Effects of Smoking on Your Surgery

by Sara Mendez

Quitting smoking is a task which smokers fear, however they know by quitting they will be healthier. Not only does smoking have an adverse effect on the body it can also cause many serious health problems such as heart disease, cancer and COPD. Both the smoker and their doctors should put tobacco secession at the top of their lists. Not only do doctors fear for their patients’ health, they fear what will happen should their patient need surgery.

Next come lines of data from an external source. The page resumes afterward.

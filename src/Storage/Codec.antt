-- ===== src/Storage/Codec.antt =====
-- The bitmap and the directory are fetched as they were written.
use nachos_3_4_lab.Prelude.{
  ℕ, ◌≢◌, zero, suc, ◌*◌, ◌^◌, ◌≤◌, ◌<◌, ◌≡◌, ◌∙◌, refl, ap, ap₂, List, [], ◌∷◌, ◌++◌, Bool, true,
  false, length, length-append, arith,
}
use nachos_3_4_lab.Prelude.Outcome.{ok}
use nachos_3_4_lab.Prelude.Copy.{copy_in_fits}
use nachos_3_4_lab.BitMap.{BitMap}
use nachos_3_4_lab.Directory.{Directory, Entry}
use nachos_3_4_lab.Disk.{Disk, ints_bytes}
use nachos_3_4_lab.FileHeader.Stored.{
  AreInts, first_ints, first_ints-ints_bytes, length-ints_bytes, first_int_bytes, take-append,
  drop-append,
}
use nachos_3_4_lab.OpenFile.{OpenFile}
use nachos_3_4_lab.OpenFile.Contents.{IsDirect, Formatted, sector_at}
use nachos_3_4_lab.OpenFile.Write.{Written}
use nachos_3_4_lab.Storage.{
  fetch_map, write_map, fetch_table, write_table, entry_bytes, first_entry, table_bytes,
  first_entries, bool_byte, byte_bool,
}
use nachos_3_4_lab.Storage.RoundTrip.{BeginsWith, read_at-BeginsWith, write_at-BeginsWith}

-- Entries whose fields have their sizes.
unfoldable pub AreEntries : List Entry → Type 0
AreEntries [] = Unit {0}
AreEntries (e ∷ es) = (e.sector < 2 ^ 32) × (length e.name ≡ 12) × AreEntries es

-- A bitmap of as many words as it should have.
pub record IsStorable (m : BitMap) : Type 0 where
  pub size : length m.words ≡ m.num_words
  pub ints : AreInts m.words

byte_bool_byte : (b : Bool) → byte_bool (bool_byte b) ≡ b
byte_bool_byte true = refl
byte_bool_byte false = refl

length-entry_bytes : (e : Entry) → length e.name ≡ 12 → length (entry_bytes e) ≡ 20
length-entry_bytes e size = omega (arith, size)

length-table_bytes : (es : List Entry) → AreEntries es → length (table_bytes es) ≡ length es * 20
unfolding table_bytes AreEntries
length-table_bytes [] h = refl
length-table_bytes (e ∷ es) (_, size, h) = omega (
  arith,
  length-append (entry_bytes e) (table_bytes es),
  length-entry_bytes e size,
  length-table_bytes es h,
)

same_entry :
    {a a' b b' : Bool} {s s' : ℕ} {n n' : List ℕ}
    → a ≡ a'
    → b ≡ b'
    → s ≡ s'
    → n ≡ n'
    → Path Entry
        (record { type = a; in_use = b; sector = s; name = n })
        (record { type = a'; in_use = b'; sector = s'; name = n' })
same_entry p q r v = rw (p, q, r, v) refl

first_entry-entry_bytes :
    (e : Entry) (more : List ℕ)
    → e.sector < 2 ^ 32
    → length e.name ≡ 12
    → first_entry (entry_bytes e ++ more) ≡ e
first_entry-entry_bytes e more lt size =
    same_entry (byte_bool_byte e.type) (byte_bool_byte e.in_use) (first_int_bytes e.sector lt)
      (take-append 12 e.name more size)

first_entries-table_bytes :
    (n : ℕ) (es : List Entry)
    → length es ≡ n
    → AreEntries es
    → first_entries n (table_bytes es) ≡ es
unfolding first_entries table_bytes AreEntries
first_entries-table_bytes zero [] size h = refl
first_entries-table_bytes zero (e ∷ es) size h = absurd (omega (arith, size))
first_entries-table_bytes (suc n) [] size h = absurd (omega (arith, size))
first_entries-table_bytes (suc n) (e ∷ es) size (lt, name_size, h) =
    ap₂ (λ x xs. x ∷ xs) (first_entry-entry_bytes e (table_bytes es) lt name_size)
      (ap (first_entries n)
          (drop-append 20 (entry_bytes e) (table_bytes es) (length-entry_bytes e name_size))
        ∙ first_entries-table_bytes n es (omega (arith, size)) h)

module _ (fresh : ℕ → List ℕ) (sizes : (n : ℕ) → length (fresh n) ≡ n) (f : OpenFile) (d : Disk)
    (h : IsDirect f.hdr) (formatted : Formatted d) where
  -- From a file that begins with the words of `m`, any bitmap of the same size is fetched as `m`.
  pub fetch_map-BeginsWith :
      (m₀ m : BitMap)
      → IsStorable m
      → m₀.num_words ≡ m.num_words
      → length m₀.words ≡ m.num_words
      → BeginsWith f.hdr d (ints_bytes m.words)
      → fetch_map fresh f m₀ d ≡ ok (record m₀ { words = m.words })
  unfolding fetch_map
  fetch_map-BeginsWith m₀ m storable same_words size w =
      let bytes : List ℕ = ints_bytes m.words in
      let (got, runs, whole, room) =
        read_at-BeginsWith fresh sizes f.hdr d h formatted bytes (ints_bytes m₀.words)
          (omega
            (arith, length-ints_bytes m₀.words, length-ints_bytes m.words, storable.size, size))
          w in
      let n : m₀.num_words * 4 ≡ length bytes =
        omega (arith, length-ints_bytes m.words, storable.size, same_words) in
      let decoded : first_ints m₀.num_words bytes ≡ m.words =
        first_ints-ints_bytes m₀.num_words m.words (omega (arith, storable.size, same_words))
          storable.ints in
      rw (n, runs, copy_in_fits got 0 (ints_bytes m₀.words) room, whole, decoded) refl

  pub fetch_table-BeginsWith :
      (dir₀ dir : Directory)
      → AreEntries dir.table
      → AreEntries dir₀.table
      → length dir₀.table ≡ length dir.table
      → BeginsWith f.hdr d (table_bytes dir.table)
      → fetch_table fresh f dir₀ d ≡ ok dir
  unfolding fetch_table
  fetch_table-BeginsWith dir₀ dir entries entries₀ same_length w =
      let bytes : List ℕ = table_bytes dir.table in
      let l = length-table_bytes dir.table entries in
      let l₀ = length-table_bytes dir₀.table entries₀ in
      let (got, runs, whole, room) =
        read_at-BeginsWith fresh sizes f.hdr d h formatted bytes (table_bytes dir₀.table)
          (omega (arith, l, l₀, same_length)) w in
      let n : length dir₀.table * 20 ≡ length bytes = omega (arith, l, same_length) in
      let decoded : first_entries (length dir₀.table) bytes ≡ dir.table =
        first_entries-table_bytes (length dir₀.table) dir.table (omega (arith, same_length))
          entries in
      rw (n, runs, copy_in_fits got 0 (table_bytes dir₀.table) room, whole, decoded) refl

  pub write_map-BeginsWith :
      (m : BitMap)
      → IsStorable m
      → m.num_words * 4 ≤ f.hdr.num_bytes
      → (d' : Disk) × (write_map fresh f m d ≡ ok d')
        × BeginsWith f.hdr d' (ints_bytes m.words)
        × Written f.hdr d (length (ints_bytes m.words)) 0 (ints_bytes m.words) d'
  unfolding write_map
  write_map-BeginsWith m storable fits =
      let n : m.num_words * 4 ≡ length (ints_bytes m.words) =
        omega (arith, length-ints_bytes m.words, storable.size) in
      let (d', runs, w, all) =
        write_at-BeginsWith fresh sizes f.hdr d h formatted (ints_bytes m.words)
          (omega (arith, n, fits)) in
      (d', rw (n, runs) refl, w, all)

  pub write_table-BeginsWith :
      (dir : Directory)
      → AreEntries dir.table
      → length dir.table * 20 ≤ f.hdr.num_bytes
      → (d' : Disk) × (write_table fresh f dir d ≡ ok d')
        × BeginsWith f.hdr d' (table_bytes dir.table)
        × Written f.hdr d (length (table_bytes dir.table)) 0 (table_bytes dir.table) d'
  unfolding write_table
  write_table-BeginsWith dir entries fits =
      let n : length dir.table * 20 ≡ length (table_bytes dir.table) =
        omega (arith, length-table_bytes dir.table entries) in
      let (d', runs, w, all) =
        write_at-BeginsWith fresh sizes f.hdr d h formatted (table_bytes dir.table)
          (omega (arith, n, fits)) in
      (d', rw (n, runs) refl, w, all)

module _ (fresh : ℕ → List ℕ) (sizes : (n : ℕ) → length (fresh n) ≡ n) (f : OpenFile) (d : Disk)
    (h : IsDirect f.hdr) (formatted : Formatted d) where
  -- If `new` gives arrays of the size asked for, a file has at most fourteen distinct sectors on
  -- the disk and room for the map, every sector has 128 bytes, and two bitmaps have the same number
  -- of words, those of the first 32-bit patterns, then `WriteBack` of the first to the file changes
  -- no sector that is not the file's, and `FetchFrom` there into the second gives it the words of
  -- the first.
  pub write_map-fetch_map :
      (m₀ m : BitMap)
      → IsStorable m
      → m.num_words * 4 ≤ f.hdr.num_bytes
      → m₀.num_words ≡ m.num_words
      → length m₀.words ≡ m.num_words
      → (d' : Disk) × (write_map fresh f m d ≡ ok d')
        × (fetch_map fresh f m₀ d' ≡ ok (record m₀ { words = m.words }))
        × ((k : ℕ) → ((j : ℕ) → j * 128 < f.hdr.num_bytes → k ≢ sector_at f.hdr j) → d' k ≡ d k)
  write_map-fetch_map m₀ m storable fits same_words size =
      let (d', runs, w, all) = write_map-BeginsWith fresh sizes f d h formatted m storable fits in
      (
        d',
        runs,
        fetch_map-BeginsWith fresh sizes f d' h all.formatted m₀ m storable same_words size w,
        all.elsewhere,
      )

  -- If `new` gives arrays of the size asked for, a file has at most fourteen distinct sectors on
  -- the disk and room for the directory, every sector has 128 bytes, and the fields of the entries
  -- of two directories of one length have their sizes, then `WriteBack` of one to the file changes
  -- no sector that is not the file's, and `FetchFrom` there into the other gives back the first.
  pub write_table-fetch_table :
      (dir₀ dir : Directory)
      → AreEntries dir.table
      → length dir.table * 20 ≤ f.hdr.num_bytes
      → AreEntries dir₀.table
      → length dir₀.table ≡ length dir.table
      → (d' : Disk) × (write_table fresh f dir d ≡ ok d')
        × (fetch_table fresh f dir₀ d' ≡ ok dir)
        × ((k : ℕ) → ((j : ℕ) → j * 128 < f.hdr.num_bytes → k ≢ sector_at f.hdr j) → d' k ≡ d k)
  write_table-fetch_table dir₀ dir entries fits entries₀ same_length =
      let (d', runs, w, all) =
        write_table-BeginsWith fresh sizes f d h formatted dir entries fits in
      (
        d',
        runs,
        fetch_table-BeginsWith fresh sizes f d' h all.formatted dir₀ dir entries entries₀
            same_length w,
        all.elsewhere,
      )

Certain protocols are in place to help insure the patient’s safety during surgery. Some of the more common protocols are no food or water twelve hours before and take a shower to minimize the risk of infection. For smokers there is another requirement, no smoking at least two weeks before and two weeks after. Some surgeons may even ask the patient for as long as four weeks before and after the surgery.

According to Anesthesiologyinfo.com, smoking has many seriously concerning risks which can occur during surgery. Smoking increases carbon monoxide which attaches itself to hemoglobin in the blood, decreasing the amount of oxygen getting through the body. The nicotine will make the body need more oxygen which will put stress on the heart, lungs and body which is already under distress from the anesthesia. The heart will not function properly because of the increased carbon monoxide causing the blood to no circulate as it should.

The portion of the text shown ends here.